I advise you to contact a MARA registered agency. Your application contained false information. I don't think "oops, mistake, sorry" is going to cut it. You need professional assistance, IMO.


----------



## Andy86 (May 20, 2017)

Guys I need help!
I got NJ email and have to comment.
I got their email saying 1. when officers called for verification, one of staff member provided name of the other staff members who are working for the company but did not mention my name.
2. When asking about you, staff member replied you come once or twice a month when work was available
now this contradicts information I provided that I'm full time permanent employee of the company working 6 days a week. 
Beside the staff in our office which deal with trading, our company has marketing and installation, service and maintenance technicians. these persons work on fields. Im being service and maintenance technician, work on field. now the staff member from the office did not mentioned our name! and just given information about staff members available in office. 
How you advice me to comment on this situation? my employer is ready to give whatever declaration he may need to give to prove my employment.


----------



## NB (Mar 29, 2017)

Andy86 said:


> Guys I need help!
> I got NJ email and have to comment.
> I got their email saying 1. when officers called for verification, one of staff member provided name of the other staff members who are working for the company but did not mention my name.
> 2. When asking about you, staff member replied you come once or twice a month when work was available
> ...


In my opinion, NJL reply should be drafted by a MARA agent or an immigration lawyer
You will undoubtedly spend some money, but it will be money well spent

Give him all the facts and proceed as per his advice

Cheers


----------



## Andy86 (May 20, 2017)

newbienz said:


> In my opinion, NJL reply should be drafted by a MARA agent or an immigration lawyer
> You will undoubtedly spend some money, but it will be money well spent
> 
> Give him all the facts and proceed as per his advice
> ...


Thanks for the reply.
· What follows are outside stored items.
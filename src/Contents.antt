-- ===== src/Contents.antt =====
-- b_file.c, b_file_write_contents(): the contents of a file, read into the buffer, or spliced to its
-- descriptor where that is a pipe and the buffer has been flushed once.
pub mod Padding
pub mod Chunk
pub mod Stream
pub mod Short
use archive_tar_builder.Prelude.{
  ℕ, zero, suc, ◌+◌, ◌-◌, ◌*◌, ◌%◌, ◌^◌, min, Bool, true, false, not, ◌&&◌, Option, none, some,
  List, [], ◌∷◌, ◌++◌, ◌==◌, ltb, if◌then◌else◌, Bytes, length, take, drop,
}
use archive_tar_builder.Buffer.{
  block_size, Errno, einval, system, Result, ok, err, Answer, wrote, interrupted, failed, Block,
  Buffer, Channel, full, flush, get_block, fill, reclaim,
}

-- MAX_CHUNK_SIZE
abbrev pub max_chunk_size : ℕ
max_chunk_size = 16 * 1024 * 1024

-- What read(2) answers next: at most so many bytes, an interruption by a signal, or an error.
pub data ReadAnswer : Type 0 where
  got : ℕ → ReadAnswer
  read_interrupted : ReadAnswer
  read_failed : ℕ → ReadAnswer

-- What splice(2) answers next: it moves at most so many bytes, or fails.
pub data SpliceAnswer : Type 0 where
  moved : ℕ → SpliceAnswer
  splice_failed : ℕ → SpliceAnswer

-- An open file: the bytes from its offset on, and what the calls will answer; behind the last answer
-- each call gives all that it is asked for, as far as there is. `errno` goes along with it: `none` is 0;
-- a call that fails sets it, also one that is repeated, and a call that succeeds leaves it alone.
pub record File : Type 0 where
  pub content : Bytes
  pub reads : List ReadAnswer
  pub splices : List SpliceAnswer
  pub errno : Option Errno

-- EINTR
abbrev pub eintr : Errno
eintr = system 4

-- `errno` behind calls of write(2) with these answers
unfoldable pub last_errno : Option Errno → List Answer → Option Errno
last_errno errno [] = errno
last_errno errno (wrote n ∷ answers) = last_errno errno answers
last_errno errno (interrupted ∷ answers) = last_errno (some eintr) answers
last_errno errno (failed e ∷ answers) = last_errno (some (system e)) answers

-- The answers that were there before, and those that are left: the others were given.
unfoldable pub errno_after : Option Errno → List Answer → List Answer → Option Errno
unfolding last_errno
errno_after errno before left = last_errno errno (take (length before - length left) before)

-- read(2), repeated while it is interrupted: how much it gives, or its error, the answers that are left,
-- and `errno`.
pub data Read : Type 0 where
  read_some : ℕ → List ReadAnswer → Option Errno → Read
  read_error : ℕ → List ReadAnswer → Read

-- `want` is how much is asked for.
unfoldable pub read_retry : Option Errno → List ReadAnswer → ℕ → Read
read_retry errno [] want = read_some want [] errno
read_retry errno (got n ∷ reads) want = read_some (min n want) reads errno
read_retry errno (read_interrupted ∷ reads) want = read_retry (some eintr) reads want
read_retry errno (read_failed e ∷ reads) want = read_error e reads

-- The variables of the loop
pub record Transfer : Type 0 where
  pub ch : Channel
  pub file : File
  pub emptied_buffer : Bool
  pub splice_total : ℕ
  pub total : ℕ
  pub real_total : ℕ

-- The channel behind calls of the buffer, and `errno` as they leave it
unfoldable pub with_channel : Transfer → Channel → Transfer
unfolding errno_after
with_channel t ch = record t {
  ch = ch;
  file = record t.file { errno = errno_after t.file.errno t.ch.answers ch.answers };
}

-- How a round of the loop ends: with another one, behind the loop, or at `error_io`, with what `errno`
-- is there.
pub data Round : Type 0 where
  again : Transfer → Round
  stop : Transfer → Round
  error_io : Option Errno → Transfer → Round

-- `while (rlen > 0)`
unfoldable pub end_round : ℕ → Transfer → Round
end_round rlen t =
    let t' = record t { real_total = t.real_total + rlen } in
    if ltb 0 rlen then again t' else stop t'

-- `total -= b_buffer_reclaim(...)`, where an error is -1. All of this stays within the file's size and
-- that of the buffer and cannot wrap.
unfoldable pub apply_reclaim : Transfer → Result ℕ × Buffer → Transfer
apply_reclaim t (ok amount, buf) = record t {
  ch = record t.ch { buf = buf };
  total = t.total - amount;
}
apply_reclaim t (err e, buf) = record t {
  ch = record t.ch { buf = buf };
  file = record t.file { errno = some e };
  total = t.total + 1;
}

unfoldable pub reclaim_rest : Transfer → ℕ → ℕ → Transfer
unfolding apply_reclaim
reclaim_rest t rlen given =
    if given - rlen == 0 then t else apply_reclaim t (reclaim t.ch.buf rlen given)

-- What is done with the answer of read(2). What was read stands in the block, also where it is too
-- little.
unfoldable pub after_read : Transfer → Block → ℕ → Read → Round
unfolding reclaim_rest end_round
after_read t b want (read_error e reads) =
    error_io (some (system e)) (record t { file = record t.file { reads = reads } })
after_read t b want (read_some n reads errno) =
    let bytes = take n t.file.content in
    let rlen = length bytes in
    let file' = record t.file { content = drop n t.file.content; reads = reads; errno = errno } in
    let t' = record t { ch = fill t.ch b.offset bytes; file = file' } in
    if ltb rlen want
    then error_io errno t'
    else end_round rlen (reclaim_rest (record t' { total = t.total + b.given }) rlen b.given)

-- What is done with the answer of b_buffer_get_block()
unfoldable pub after_block : Transfer → ℕ → Result (Option Block) × Channel → Round
unfolding after_read read_retry with_channel
after_block t max_read (err e, ch) = error_io (some e) (record t { ch = ch })
after_block t max_read (ok none, ch) = let t' = with_channel t ch in error_io t'.file.errno t'
after_block t max_read (ok (some b), ch) =
    let t' = with_channel t ch in
    let want = if ltb b.given max_read then b.given else max_read in
    after_read t' b want (read_retry t'.file.errno t.file.reads want)

-- The branch that goes through the buffer
unfoldable pub through_buffer : Transfer → ℕ → Round
unfolding after_block
through_buffer t max_read = after_block t max_read (get_block t.ch t.ch.buf.unused)

-- splice(2) moves `n` bytes to the descriptor of the buffer. `splice_total` is an `int`.
unfoldable pub spliced : Transfer → ℕ → List SpliceAnswer → Round
unfolding end_round
spliced t n splices =
    let bytes = take n t.file.content in
    let rlen = length bytes in
    let file' = record t.file { content = drop n t.file.content; splices = splices } in
    end_round rlen (record t {
      ch = record t.ch { output = t.ch.output ++ bytes };
      file = file';
      splice_total = (t.splice_total + rlen) % 2 ^ 32;
      total = t.total + rlen;
    })

-- Where splice(2) fails, the buffer is used from here on.
unfoldable pub try_splice : Transfer → ℕ → Round
unfolding spliced through_buffer
try_splice t max_read = elim t.file.splices [
  | [] ↦ spliced t max_read []
  | moved n ∷ splices ↦ spliced t (min n max_read) splices
  | splice_failed e ∷ splices ↦
      through_buffer
        (record t {
          ch = record t.ch { buf = record t.ch.buf { can_splice = false } };
          file = record t.file { splices = splices; errno = some (system e) };
        })
        max_read
]

unfoldable pub transfer_chunk : Transfer → ℕ → Round
unfolding try_splice through_buffer
transfer_chunk t max_read =
    if t.emptied_buffer && t.ch.buf.can_splice
    then try_splice t max_read
    else through_buffer t max_read

-- The choice of `max_read`
unfoldable pub choose_chunk : Transfer → ℕ → Round
choose_chunk t file_size =
    let left = file_size - t.real_total in
    if ltb max_chunk_size left
    then transfer_chunk t max_chunk_size
    else if left == 0
    then stop t
    else transfer_chunk t left

-- What is done with the answer of b_buffer_flush()
unfoldable pub after_flush : Transfer → ℕ → Result ℕ × Channel → Round
unfolding with_channel
after_flush t file_size (err e, ch) = error_io (some e) (record t { ch = ch })
after_flush t file_size (ok _, ch) =
    choose_chunk (record (with_channel t ch) { emptied_buffer = true }) file_size

-- The body of the loop
unfoldable pub round : Transfer → ℕ → Round
unfolding after_flush
round t file_size =
    if full t.ch.buf then after_flush t file_size (flush t.ch) else choose_chunk t file_size

-- How b_file_write_contents() ends; `out_of_fuel` belongs to the model only.
pub data Ending : Type 0 where
  returned : Result ℕ → Channel → File → Ending
  out_of_fuel : Ending

-- `if (!errno) errno = EINVAL;`
abbrev pub io_errno : Option Errno → Errno
io_errno none = einval
io_errno (some e) = e

-- The zeros that complete the last block where splice(2) was used: one call of write(2), which is not
-- repeated.
unfoldable pub write_padding : Transfer → ℕ → Ending
write_padding t n = elim t.ch.answers [
  | [] ↦
      returned (ok t.total) (record t.ch { output = t.ch.output ++ take n t.ch.buf.bytes }) t.file
  | wrote k ∷ answers ↦
      returned (ok t.total)
        (record t.ch { output = t.ch.output ++ take (min k n) t.ch.buf.bytes; answers = answers })
        t.file
  | interrupted ∷ answers ↦ returned (err (system 4)) (record t.ch { answers = answers }) t.file
  | failed e ∷ answers ↦ returned (err (system e)) (record t.ch { answers = answers }) t.file
]

unfoldable pub after_loop : Transfer → Ending
unfolding write_padding
after_loop t =
    if not (t.splice_total == 0) && (t.ch.buf.can_splice && not (t.total % block_size == 0))
    then write_padding t (block_size - t.total % block_size)
    else returned (ok t.total) t.ch t.file

unfoldable pub rounds_loop : ℕ → Transfer → ℕ → Ending
unfolding after_loop
rounds_loop zero t file_size = out_of_fuel
rounds_loop (suc fuel) t file_size = elim (round t file_size) [
  | again t' ↦ rounds_loop fuel t' file_size
  | stop t' ↦ after_loop t'
  | error_io e t' ↦ returned (err (io_errno e)) t'.ch t'.file
]

-- b_file_write_contents(). A round transfers at least a byte: one for each byte and one for the end are
-- enough.
unfoldable pub write_contents : Channel → File → ℕ → Ending
write_contents ch file file_size =
    rounds_loop (suc file_size)
      (record {
        ch = ch;
        file = file;
        emptied_buffer = false;
        splice_total = 0;
        total = 0;
        real_total = 0;
      })
      file_size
Could you please suggest any MARA agent/Immigration lawyer? I'm from India as well.


----------



## NB (Mar 29, 2017)

Andy86 said:


> Thanks for the reply. Could you please suggest any MARA agent/Immigration lawyer? I'm from India as well.


I have no idea

Maggie may be able to help
She may know some good agents

Cheers


----------



## Andy86 (May 20, 2017)

newbienz said:


> I have no idea
> 
> Maggie may be able to help
> She may know some good agents
> ...


Ah okay. How can I contact Maggie?! Sorry to ask, I'm new to this forum!


----------



## sdilshad (Jun 28, 2016)

Andy86 said:


> newbienz said:
> 
> 
> > I have no idea
> ...


I would suggest you to take MARA agents help.recently I had to go for legal submission


----------



## Andy86 (May 20, 2017)

sdilshad said:


> I would suggest you to take MARA agents help.recently I had to go for legal submission


Have you received any update after your comment to NJ?


----------



## NB (Mar 29, 2017)

Andy86 said:


> Ah okay. How can I contact Maggie?! Sorry to ask, I'm new to this forum!


http://www.expatforum.com/expats/members/maggie-may24.html

Cheers


----------



## sdilshad (Jun 28, 2016)

Andy86 said:


> sdilshad said:
> 
> 
> > I would suggest you to take MARA agents help.recently I had to go for legal submission
> ...


Hello, 
Mine was not NJ.but CO asked for same set of documents twice.So my Mara agent thought in such situation it's appropriate to go for legal submission.


----------